Task directions
Scan the listing for the word "fresh", and copy out each line where it is found.

Extracted material

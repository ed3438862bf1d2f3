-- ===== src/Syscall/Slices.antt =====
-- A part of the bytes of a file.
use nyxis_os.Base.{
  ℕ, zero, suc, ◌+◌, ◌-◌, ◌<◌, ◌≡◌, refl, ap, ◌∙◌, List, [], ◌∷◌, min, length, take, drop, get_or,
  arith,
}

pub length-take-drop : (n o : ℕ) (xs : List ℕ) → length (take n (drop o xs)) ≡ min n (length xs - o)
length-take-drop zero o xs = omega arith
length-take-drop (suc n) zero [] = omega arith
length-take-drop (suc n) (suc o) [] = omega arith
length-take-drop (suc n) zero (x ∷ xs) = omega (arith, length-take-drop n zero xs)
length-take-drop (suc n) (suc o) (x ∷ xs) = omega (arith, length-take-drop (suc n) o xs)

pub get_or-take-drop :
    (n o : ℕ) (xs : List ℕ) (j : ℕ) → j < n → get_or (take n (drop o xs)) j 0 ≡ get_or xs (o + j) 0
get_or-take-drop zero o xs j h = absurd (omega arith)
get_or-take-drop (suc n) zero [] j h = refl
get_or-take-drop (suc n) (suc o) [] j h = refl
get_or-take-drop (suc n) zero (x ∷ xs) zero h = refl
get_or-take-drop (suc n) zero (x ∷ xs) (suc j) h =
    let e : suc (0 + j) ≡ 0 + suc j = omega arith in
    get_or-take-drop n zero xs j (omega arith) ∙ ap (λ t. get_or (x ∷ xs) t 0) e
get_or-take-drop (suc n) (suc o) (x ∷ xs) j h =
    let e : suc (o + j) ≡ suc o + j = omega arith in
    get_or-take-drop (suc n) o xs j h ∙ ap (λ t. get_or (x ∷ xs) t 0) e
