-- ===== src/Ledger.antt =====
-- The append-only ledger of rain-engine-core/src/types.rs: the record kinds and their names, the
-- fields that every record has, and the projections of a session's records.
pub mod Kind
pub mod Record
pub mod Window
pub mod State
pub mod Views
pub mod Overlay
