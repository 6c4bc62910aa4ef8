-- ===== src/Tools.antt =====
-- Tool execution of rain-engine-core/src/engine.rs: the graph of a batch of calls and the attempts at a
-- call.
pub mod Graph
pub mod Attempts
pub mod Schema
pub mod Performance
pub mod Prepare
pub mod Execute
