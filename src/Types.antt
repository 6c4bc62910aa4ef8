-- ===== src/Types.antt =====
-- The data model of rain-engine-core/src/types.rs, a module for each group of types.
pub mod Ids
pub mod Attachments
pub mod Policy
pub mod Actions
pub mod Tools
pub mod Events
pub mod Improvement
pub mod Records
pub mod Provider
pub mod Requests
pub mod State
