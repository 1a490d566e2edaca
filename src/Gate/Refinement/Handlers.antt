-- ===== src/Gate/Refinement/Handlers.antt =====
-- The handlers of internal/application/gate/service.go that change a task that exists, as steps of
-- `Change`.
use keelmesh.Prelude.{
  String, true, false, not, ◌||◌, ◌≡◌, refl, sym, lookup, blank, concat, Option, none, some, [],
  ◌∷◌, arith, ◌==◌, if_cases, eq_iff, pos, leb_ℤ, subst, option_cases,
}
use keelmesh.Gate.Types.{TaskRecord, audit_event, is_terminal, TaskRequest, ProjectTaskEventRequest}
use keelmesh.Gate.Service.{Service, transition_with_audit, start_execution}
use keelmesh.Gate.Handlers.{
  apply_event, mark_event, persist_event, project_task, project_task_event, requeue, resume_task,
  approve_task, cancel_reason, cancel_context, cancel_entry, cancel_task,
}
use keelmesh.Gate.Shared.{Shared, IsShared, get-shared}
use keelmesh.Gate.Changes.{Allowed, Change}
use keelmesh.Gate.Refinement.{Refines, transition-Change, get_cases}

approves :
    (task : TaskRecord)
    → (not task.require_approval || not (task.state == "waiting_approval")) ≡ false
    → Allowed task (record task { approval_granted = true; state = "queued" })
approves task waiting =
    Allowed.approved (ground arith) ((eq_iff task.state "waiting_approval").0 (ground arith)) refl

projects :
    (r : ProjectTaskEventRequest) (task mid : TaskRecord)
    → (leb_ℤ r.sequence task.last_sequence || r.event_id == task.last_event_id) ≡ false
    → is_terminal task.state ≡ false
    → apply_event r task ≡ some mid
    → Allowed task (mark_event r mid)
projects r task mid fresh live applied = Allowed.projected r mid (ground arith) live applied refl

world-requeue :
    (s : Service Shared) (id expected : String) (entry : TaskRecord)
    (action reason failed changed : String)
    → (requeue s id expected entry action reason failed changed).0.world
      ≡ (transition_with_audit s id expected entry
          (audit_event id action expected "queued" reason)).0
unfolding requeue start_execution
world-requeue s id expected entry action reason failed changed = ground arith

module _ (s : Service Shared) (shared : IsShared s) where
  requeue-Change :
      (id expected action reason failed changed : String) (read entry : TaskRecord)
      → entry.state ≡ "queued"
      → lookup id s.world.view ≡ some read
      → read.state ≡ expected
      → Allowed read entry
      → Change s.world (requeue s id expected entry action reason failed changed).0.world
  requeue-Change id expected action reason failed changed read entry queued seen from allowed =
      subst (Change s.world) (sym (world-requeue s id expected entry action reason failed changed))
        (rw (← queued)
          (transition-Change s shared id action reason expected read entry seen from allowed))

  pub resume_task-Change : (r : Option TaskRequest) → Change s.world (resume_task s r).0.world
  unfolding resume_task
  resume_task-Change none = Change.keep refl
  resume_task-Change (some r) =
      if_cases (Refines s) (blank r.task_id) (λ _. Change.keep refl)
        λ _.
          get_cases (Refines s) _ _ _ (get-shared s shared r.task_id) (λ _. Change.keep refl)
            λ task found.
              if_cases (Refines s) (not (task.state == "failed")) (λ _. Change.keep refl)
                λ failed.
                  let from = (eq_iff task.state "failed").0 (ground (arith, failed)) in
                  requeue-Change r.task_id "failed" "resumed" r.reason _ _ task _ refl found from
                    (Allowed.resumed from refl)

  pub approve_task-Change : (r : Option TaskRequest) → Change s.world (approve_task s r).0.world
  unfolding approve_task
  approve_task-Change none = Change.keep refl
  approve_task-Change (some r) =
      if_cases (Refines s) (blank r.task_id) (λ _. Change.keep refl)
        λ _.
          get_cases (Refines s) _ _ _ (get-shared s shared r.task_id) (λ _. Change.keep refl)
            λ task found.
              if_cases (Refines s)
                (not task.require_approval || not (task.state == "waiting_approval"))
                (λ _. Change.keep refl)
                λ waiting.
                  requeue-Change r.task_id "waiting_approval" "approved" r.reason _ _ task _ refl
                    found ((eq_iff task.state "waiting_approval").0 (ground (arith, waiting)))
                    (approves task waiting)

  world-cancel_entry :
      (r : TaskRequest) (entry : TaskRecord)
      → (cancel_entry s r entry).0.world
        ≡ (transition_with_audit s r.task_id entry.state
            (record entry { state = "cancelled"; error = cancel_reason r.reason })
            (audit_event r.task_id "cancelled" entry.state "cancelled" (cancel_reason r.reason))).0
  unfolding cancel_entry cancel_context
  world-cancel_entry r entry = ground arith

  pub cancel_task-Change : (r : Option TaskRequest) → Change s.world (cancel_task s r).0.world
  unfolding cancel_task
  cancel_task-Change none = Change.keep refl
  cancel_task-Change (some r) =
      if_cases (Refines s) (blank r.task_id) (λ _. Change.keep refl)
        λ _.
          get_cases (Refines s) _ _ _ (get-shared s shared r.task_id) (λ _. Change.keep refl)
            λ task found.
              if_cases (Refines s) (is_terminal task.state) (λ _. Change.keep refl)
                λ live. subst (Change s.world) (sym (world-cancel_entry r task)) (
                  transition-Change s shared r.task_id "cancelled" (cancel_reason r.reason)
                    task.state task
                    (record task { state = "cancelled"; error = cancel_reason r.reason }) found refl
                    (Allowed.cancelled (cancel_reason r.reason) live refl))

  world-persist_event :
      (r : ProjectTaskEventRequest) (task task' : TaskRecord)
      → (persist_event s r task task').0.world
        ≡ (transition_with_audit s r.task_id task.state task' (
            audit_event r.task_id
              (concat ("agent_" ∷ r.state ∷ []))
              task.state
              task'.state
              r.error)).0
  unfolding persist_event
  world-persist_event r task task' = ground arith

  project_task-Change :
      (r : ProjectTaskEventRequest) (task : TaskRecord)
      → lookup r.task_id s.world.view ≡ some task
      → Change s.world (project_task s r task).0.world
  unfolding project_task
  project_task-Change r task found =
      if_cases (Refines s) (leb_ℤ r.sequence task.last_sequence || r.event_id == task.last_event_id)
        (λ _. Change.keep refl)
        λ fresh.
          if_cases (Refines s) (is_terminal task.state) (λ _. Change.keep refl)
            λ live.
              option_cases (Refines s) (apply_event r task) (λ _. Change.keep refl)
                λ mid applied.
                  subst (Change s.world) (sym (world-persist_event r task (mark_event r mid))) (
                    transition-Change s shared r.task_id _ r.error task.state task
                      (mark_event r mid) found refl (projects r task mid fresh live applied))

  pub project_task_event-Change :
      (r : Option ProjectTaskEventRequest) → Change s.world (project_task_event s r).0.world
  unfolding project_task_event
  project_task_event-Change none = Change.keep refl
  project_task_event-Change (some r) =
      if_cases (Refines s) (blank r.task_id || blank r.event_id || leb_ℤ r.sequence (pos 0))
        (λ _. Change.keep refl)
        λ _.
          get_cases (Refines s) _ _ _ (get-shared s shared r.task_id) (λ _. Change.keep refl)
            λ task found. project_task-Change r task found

Reply to the exercise
projects r task mid fresh live applied = Allowed.projected r mid (ground arith) live applied refl
        λ fresh.
                      (mark_event r mid) found refl (projects r task mid fresh live applied))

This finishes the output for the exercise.